**Activity**
Please output the section of the listing below that opens with the line containing "preamble_writer-marks base_time_ns = refl" and closes with the line containing "-- reader of", exactly and with nothing else.

**Exercise data**
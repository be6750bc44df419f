-- ===== src/Parser/Groups.antt =====
-- The groups of lines that the parser makes events of.
use tracey_mctraceface.Base.{
  ◌≡◌, refl, sym, ap, ◌∙◌, Bool, true, false, List, [], ◌∷◌, ◌++◌, append_assoc, Bytes, is_empty,
  if◌then◌else◌, Bool-cases, inl, inr, arith,
}
use tracey_mctraceface.Event.{Event}
use tracey_mctraceface.Parser.{
  PerfScriptParser, new_parser, parse_group, is_continuation_line, flush_accumulated, feed_line,
  finish, push, feed_lines,
}

abbrev continues : List Bytes → Bool
continues [] = false
continues (line ∷ lines) = is_continuation_line line

-- `lines` in front of the first group, or as a group of their own.
abbrev join : List Bytes → List (List Bytes) → List (List Bytes)
join lines [] = lines ∷ []
join lines (group ∷ groups) = (lines ++ group) ∷ groups

abbrev attach : List Bytes → Bool → List (List Bytes) → List (List Bytes)
attach lines joined groups = if joined then join lines groups else lines ∷ groups

-- The lines in groups: a blank line is in none, and any other line is in the group of the next line if
-- that is a continuation line, and otherwise the last of its group.
abbrev pub group_lines : List Bytes → List (List Bytes)
group_lines [] = []
group_lines (line ∷ lines) =
    let groups = group_lines lines in
    if is_empty line then groups else attach (line ∷ []) (continues lines) groups

-- The events of the groups that have one.
abbrev pub events_of : List (List Bytes) → List Event
events_of [] = []
events_of (group ∷ groups) = push (parse_group group) (events_of groups)

abbrev parser : List Bytes → PerfScriptParser
parser lines = record { accumulated_lines = lines }

-- What the parser still makes of the lines, with `acc` accumulated.
abbrev pending : List Bytes → List Bytes → List (List Bytes)
pending [] lines = group_lines lines
pending (a ∷ acc) lines = attach (a ∷ acc) (continues lines) (group_lines lines)

join-attach :
    (xs ys : List Bytes) (joined : Bool) (groups : List (List Bytes))
    → join xs (attach ys joined groups) ≡ attach (xs ++ ys) joined groups
join-attach xs ys false groups = refl
join-attach xs ys true [] = refl
join-attach xs ys true (g ∷ groups) = ap (λ h. h ∷ groups) (sym (append_assoc xs ys g))

continuation-filled : (line : Bytes) → is_continuation_line line ≡ true → is_empty line ≡ false
unfolding is_continuation_line
continuation-filled [] h = ground arith
continuation-filled (c ∷ line) h = refl

-- A continuation line joins what is accumulated.
pending-join :
    (acc : List Bytes) (line : Bytes) (lines : List Bytes)
    → is_continuation_line line ≡ true
    → pending acc (line ∷ lines) ≡ pending (acc ++ line ∷ []) lines
pending-join [] line lines h = rw (continuation-filled line h) refl
pending-join (a ∷ acc) line lines h =
    rw (h, continuation-filled line h)
      (join-attach (a ∷ acc) (line ∷ []) (continues lines) (group_lines lines))

-- Any other line ends the group.
pending-split :
    (acc : List Bytes) (line : Bytes) (lines : List Bytes)
    → is_continuation_line line ≡ false
    → events_of (pending acc (line ∷ lines))
      ≡ push (parse_group acc) (events_of (group_lines (line ∷ lines)))
unfolding parse_group
pending-split [] line lines h = refl
pending-split (a ∷ acc) line lines h = rw h refl

feed_lines-pending :
    (lines acc : List Bytes) → feed_lines lines (parser acc) ≡ events_of (pending acc lines)
unfolding feed_lines feed_line flush_accumulated finish
feed_lines-pending [] [] = unfold parse_group in refl
feed_lines-pending [] (a ∷ acc) = refl
feed_lines-pending ([] ∷ lines) acc =
    ap (push (parse_group acc)) (feed_lines-pending lines [])
    ∙ sym (pending-split acc [] lines (unfold is_continuation_line in refl))
feed_lines-pending ((c ∷ line) ∷ lines) acc = elim (Bool-cases (is_continuation_line (c ∷ line))) [
  | inl joins ↦
      rw joins (feed_lines-pending lines (acc ++ (c ∷ line) ∷ []))
      ∙ ap events_of (sym (pending-join acc (c ∷ line) lines joins))
  | inr splits ↦
      rw splits (ap (push (parse_group acc)) (feed_lines-pending lines ((c ∷ line) ∷ [])))
      ∙ sym (pending-split acc (c ∷ line) lines splits)
]

-- Whatever the lines are, the events that the parser yields from line to line and at the end of the
-- input are, in order, the events that `parse_group` makes of the groups of the lines.
pub feed_lines-groups :
    (lines : List Bytes) → feed_lines lines new_parser ≡ events_of (group_lines lines)
feed_lines-groups lines = feed_lines-pending lines []
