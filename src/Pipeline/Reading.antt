-- ===== src/Pipeline/Reading.antt =====
-- The loop over the lines: all lines first, and then all events.
use tracey_mctraceface.Base.{
  ◌≡◌, refl, sym, ap, ◌∙◌, List, [], ◌∷◌, Option, none, some, Bytes, Bool-cases, inl, inr,
}
use tracey_mctraceface.Event.{Event}
use tracey_mctraceface.Filter.{should_pass}
use tracey_mctraceface.Parser.{PerfScriptParser, new_parser, feed_line, feed_lines, push}
use tracey_mctraceface.Parser
use tracey_mctraceface.Pipeline.{Decoder, take_event, read_lines}

-- All the events that the parser yields, through the filter and the reconstructor.
abbrev pub take_all : List Event → Decoder → Decoder
take_all [] d = d
take_all (e ∷ es) d = take_all es (take_event (some e) d)

abbrev pub set_parser : PerfScriptParser → Decoder → Decoder
set_parser p d = record d { parser = p }

take_event-set_parser :
    (e : Option Event) (p : PerfScriptParser) (d : Decoder)
    → take_event e (set_parser p d) ≡ set_parser p (take_event e d)
unfolding take_event
take_event-set_parser none p d = refl
take_event-set_parser (some e) p d = elim (Bool-cases (should_pass d.filter e).1) [
  | inl keep ↦ rw keep refl
  | inr drop ↦ rw drop refl
]

take_all-set_parser :
    (es : List Event) (p : PerfScriptParser) (d : Decoder)
    → take_all es (set_parser p d) ≡ set_parser p (take_all es d)
take_all-set_parser [] p d = refl
take_all-set_parser (e ∷ es) p d =
    ap (take_all es) (take_event-set_parser (some e) p d)
    ∙ take_all-set_parser es p (take_event (some e) d)

take_all-push :
    (e : Option Event) (es : List Event) (d : Decoder)
    → take_all (push e es) d ≡ take_all es (take_event e d)
unfolding take_event
take_all-push none es d = refl
take_all-push (some e) es d = refl

take_event-parser : (e : Option Event) (d : Decoder) → (take_event e d).parser ≡ d.parser
take_event-parser e d = ap (λ (x : Decoder). x.parser) (take_event-set_parser e d.parser d)

-- Line by line is the same as all lines first and then all events.
pub read_lines-take_all :
    (lines : List Bytes) (d : Decoder)
    → set_parser new_parser (read_lines lines d)
      ≡ set_parser new_parser (take_all (feed_lines lines d.parser) d)
unfolding read_lines feed_lines
read_lines-take_all [] d =
    let (p, e) = Parser.finish d.parser in
    ap (set_parser new_parser)
      (take_event-set_parser e p d ∙ ap (set_parser p) (sym (take_all-push e [] d)))
read_lines-take_all (line ∷ lines) d =
    let (p, e) = feed_line line d.parser in
    let d' = take_event e (set_parser p d) in
    read_lines-take_all lines d'
    ∙ ap (λ q. set_parser new_parser (take_all (feed_lines lines q) d'))
        (take_event-parser e (set_parser p d))
    ∙ ap (λ x. set_parser new_parser (take_all (feed_lines lines p) x))
        (take_event-set_parser e p d)
    ∙ ap (set_parser new_parser) (take_all-set_parser (feed_lines lines p) p (take_event e d))
    ∙ ap (set_parser new_parser) (sym (take_all-push e (feed_lines lines p) d))
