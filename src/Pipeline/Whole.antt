-- ===== src/Pipeline/Whole.antt =====
-- The parser, the filter, the tracker and the writer together.
use tracey_mctraceface.Base.{
  ℕ, suc, ◌+◌, ◌%◌, ◌^◌, ◌≡◌, refl, sym, ap, ◌∙◌, List, [], ◌∷◌, ◌++◌, some, Bytes, codes, length,
  true, false, Bool-cases, inl, inr, arith, subst,
}
use tracey_mctraceface.Event.{Event}
use tracey_mctraceface.Filter.{Config, TraceFilter, init, should_pass, filter_all}
use tracey_mctraceface.Filter.Slices.{expected, filter_all-slices}
use tracey_mctraceface.Parser.{new_parser, feed_lines}
use tracey_mctraceface.Parser.Groups.{events_of, group_lines, feed_lines-groups}
use tracey_mctraceface.Reconstructor.{Reconstructor, new_reconstructor, process_all}
use tracey_mctraceface.Reconstructor
use tracey_mctraceface.Reconstructor.Output.{all_marks, process_all-shows}
use tracey_mctraceface.Table.{find}
use tracey_mctraceface.Tracker.{empty_tracker, run}
use tracey_mctraceface.Writer.{
  new_writer, write_preamble, pad_to_word, padding, words_for_bytes, provider_name_len,
}
use tracey_mctraceface.Writer.Framing.{write_preamble-IsFramed, frame}
use tracey_mctraceface.Writer.Soundness.{IsSound, marks}
use tracey_mctraceface.Writer.Reader.{read_all}
use tracey_mctraceface.Pipeline.{
  Decoder, preamble_writer, new_decoder, take_event, decode_perf_data,
}
use tracey_mctraceface.Pipeline.Reading.{take_all, read_lines-take_all}

abbrev counted : Event → Decoder → Decoder
counted e d = record d {
  filter = (should_pass d.filter e).0;
  reconstructor = Reconstructor.process_event e d.reconstructor;
  event_count = (d.event_count + 1) % 2 ^ 64;
}

abbrev skipped : Event → Decoder → Decoder
skipped e d = record d { filter = (should_pass d.filter e).0 }

take_event-counted :
    (e : Event) (d : Decoder)
    → (should_pass d.filter e).1 ≡ true
    → take_event (some e) d ≡ counted e d
unfolding take_event
take_event-counted e d keep = rw keep refl

take_event-skipped :
    (e : Event) (d : Decoder)
    → (should_pass d.filter e).1 ≡ false
    → take_event (some e) d ≡ skipped e d
unfolding take_event
take_event-skipped e d drop = rw drop refl

filter_all-keep :
    (e : Event) (es : List Event) (f : TraceFilter)
    → (should_pass f e).1 ≡ true
    → (filter_all f (e ∷ es)).1 ≡ e ∷ (filter_all (should_pass f e).0 es).1
unfolding filter_all
filter_all-keep e es f keep = rw keep refl

filter_all-drop :
    (e : Event) (es : List Event) (f : TraceFilter)
    → (should_pass f e).1 ≡ false
    → (filter_all f (e ∷ es)).1 ≡ (filter_all (should_pass f e).0 es).1
unfolding filter_all
filter_all-drop e es f drop = rw drop refl

one_more : (a n : ℕ) → ((a + 1) % 2 ^ 64 + n) % 2 ^ 64 ≡ (a + suc n) % 2 ^ 64
one_more a n = omega arith

-- The events that pass the filter are those that the reconstructor gets, and they are counted.
take_all-filter_all :
    (es : List Event) (d : Decoder)
    → (Reconstructor.finish (take_all es d).reconstructor
        ≡ process_all (filter_all d.filter es).1 d.reconstructor)
      × ((take_all es d).event_count % 2 ^ 64
          ≡ (d.event_count + length (filter_all d.filter es).1) % 2 ^ 64)
unfolding filter_all process_all
take_all-filter_all [] d = (refl, omega arith)
take_all-filter_all (e ∷ es) d = elim (Bool-cases (should_pass d.filter e).1) [
  | inl keep ↦
      let taken = take_event-counted e d keep in
      let kept = filter_all-keep e es d.filter keep in
      let (rest, count) = take_all-filter_all es (counted e d) in
      (
        ap (λ x. Reconstructor.finish (take_all es x).reconstructor) taken
            ∙ rest
            ∙ sym (ap (λ l. process_all l d.reconstructor) kept),
        ap (λ x. (take_all es x).event_count % 2 ^ 64) taken
            ∙ count
            ∙ one_more d.event_count (length (filter_all (should_pass d.filter e).0 es).1)
            ∙ sym (ap (λ l. (d.event_count + length l) % 2 ^ 64) kept),
      )
  | inr drop ↦
      let taken = take_event-skipped e d drop in
      let kept = filter_all-drop e es d.filter drop in
      let (rest, count) = take_all-filter_all es (skipped e d) in
      (
        ap (λ x. Reconstructor.finish (take_all es x).reconstructor) taken
            ∙ rest
            ∙ sym (ap (λ l. process_all l d.reconstructor) kept),
        ap (λ x. (take_all es x).event_count % 2 ^ 64) taken
            ∙ count
            ∙ sym (ap (λ l. (d.event_count + length l) % 2 ^ 64) kept),
      )
]

-- The events of a run of the decoder: those of the groups of the lines, in slices.
abbrev pub session : Config → List Bytes → List Event
session config lines = expected config (events_of (group_lines lines))

session-eq :
    (config : Config) (lines : List Bytes)
    → (filter_all (init config) (feed_lines lines new_parser)).1 ≡ session config lines
session-eq config lines =
    filter_all-slices config (feed_lines lines new_parser)
    ∙ ap (expected config) (feed_lines-groups lines)

-- The reconstructor of a run has had exactly the events of the groups of the lines that lie in the
-- slices, and its `finish`; and they are counted modulo 2^64.
pub decode_perf_data-session :
    (config : Config) (base_time_ns : ℕ) (lines : List Bytes)
    → let d = decode_perf_data config base_time_ns lines in
      (d.reconstructor
        ≡ process_all (session config lines) (new_reconstructor (preamble_writer base_time_ns)))
      × (d.event_count % 2 ^ 64 ≡ length (session config lines) % 2 ^ 64)
unfolding decode_perf_data new_decoder
decode_perf_data-session config base_time_ns lines =
    let d = new_decoder config base_time_ns in
    let all = read_lines-take_all lines d in
    let (rest, count) = take_all-filter_all (feed_lines lines new_parser) d in
    let same = session-eq config lines in
    (
      ap (λ (x : Decoder). Reconstructor.finish x.reconstructor) all
          ∙ rest
          ∙ ap (λ l. process_all l d.reconstructor) same,
      ap (λ (x : Decoder). x.event_count % 2 ^ 64) all
          ∙ count
          ∙ ap (λ l. (0 + length l) % 2 ^ 64) same
          ∙ ap (λ n. n % 2 ^ 64) (omega arith),
    )

-- The preamble is written in order, and tells a reader nothing yet.
pub preamble_writer-IsSound : (base_time_ns : ℕ) → IsSound (preamble_writer base_time_ns)
unfolding preamble_writer write_preamble pad_to_word padding words_for_bytes provider_name_len
    read_all find
preamble_writer-IsSound base_time_ns = record {
  framed =
      write_preamble-IsFramed (codes "tracey_mctraceface") 0 1000000000 0 base_time_ns new_writer
        (unfold frame in refl);
  strings = record {
    distinct = tt;
    below = tt;
    next_pos = omega arith;
    next_bound = omega arith;
    full = λ h. absurd (omega (arith, h));
    quiet = refl;
    known = λ s id f. absurd (ground arith);
  };
  threads = record { distinct = tt; slots = tt; known = λ k slot f. absurd (ground arith) };
}

preamble_writer-marks : (base_time_ns : ℕ) → marks (preamble_writer base_time_ns) ≡ []
unfolding preamble_writer write_preamble pad_to_word padding words_for_bytes provider_name_len
    read_all
preamble_writer-marks base_time_ns = refl

-- Whatever the lines and the configuration are, the output of a run is a sequence of whole records, a
-- reader of it has the strings and the threads of the writer's tables, and the events that it sees are,
-- in order, exactly the begin and end events that the tracker asks for over the session, each under its
-- own thread, of its own type, at its own time.
pub decode_perf_data-shows :
    (config : Config) (base_time_ns : ℕ) (lines : List Bytes)
    → let u = (decode_perf_data config base_time_ns lines).reconstructor.writer in
      IsSound u × (marks u ≡ all_marks (run (session config lines) empty_tracker).1)
decode_perf_data-shows config base_time_ns lines =
    let (e, count) = decode_perf_data-session config base_time_ns lines in
    subst
      (λ r.
        IsSound r.writer
        × (marks r.writer ≡ all_marks (run (session config lines) empty_tracker).1))
      (sym e)
      (let (sound, shown) =
          process_all-shows (session config lines) (preamble_writer base_time_ns)
            (preamble_writer-IsSound base_time_ns) in
        (
          sound,
          shown
              ∙ ap (λ l. l ++ all_marks (run (session config lines) empty_tracker).1)
                  (preamble_writer-marks base_time_ns),
        ))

**Answer**
preamble_writer-marks base_time_ns = refl

-- Whatever the lines and the configuration are, the output of a run is a sequence of whole records, a
-- reader of it has the strings and the threads of the writer's tables, and the events that it sees are,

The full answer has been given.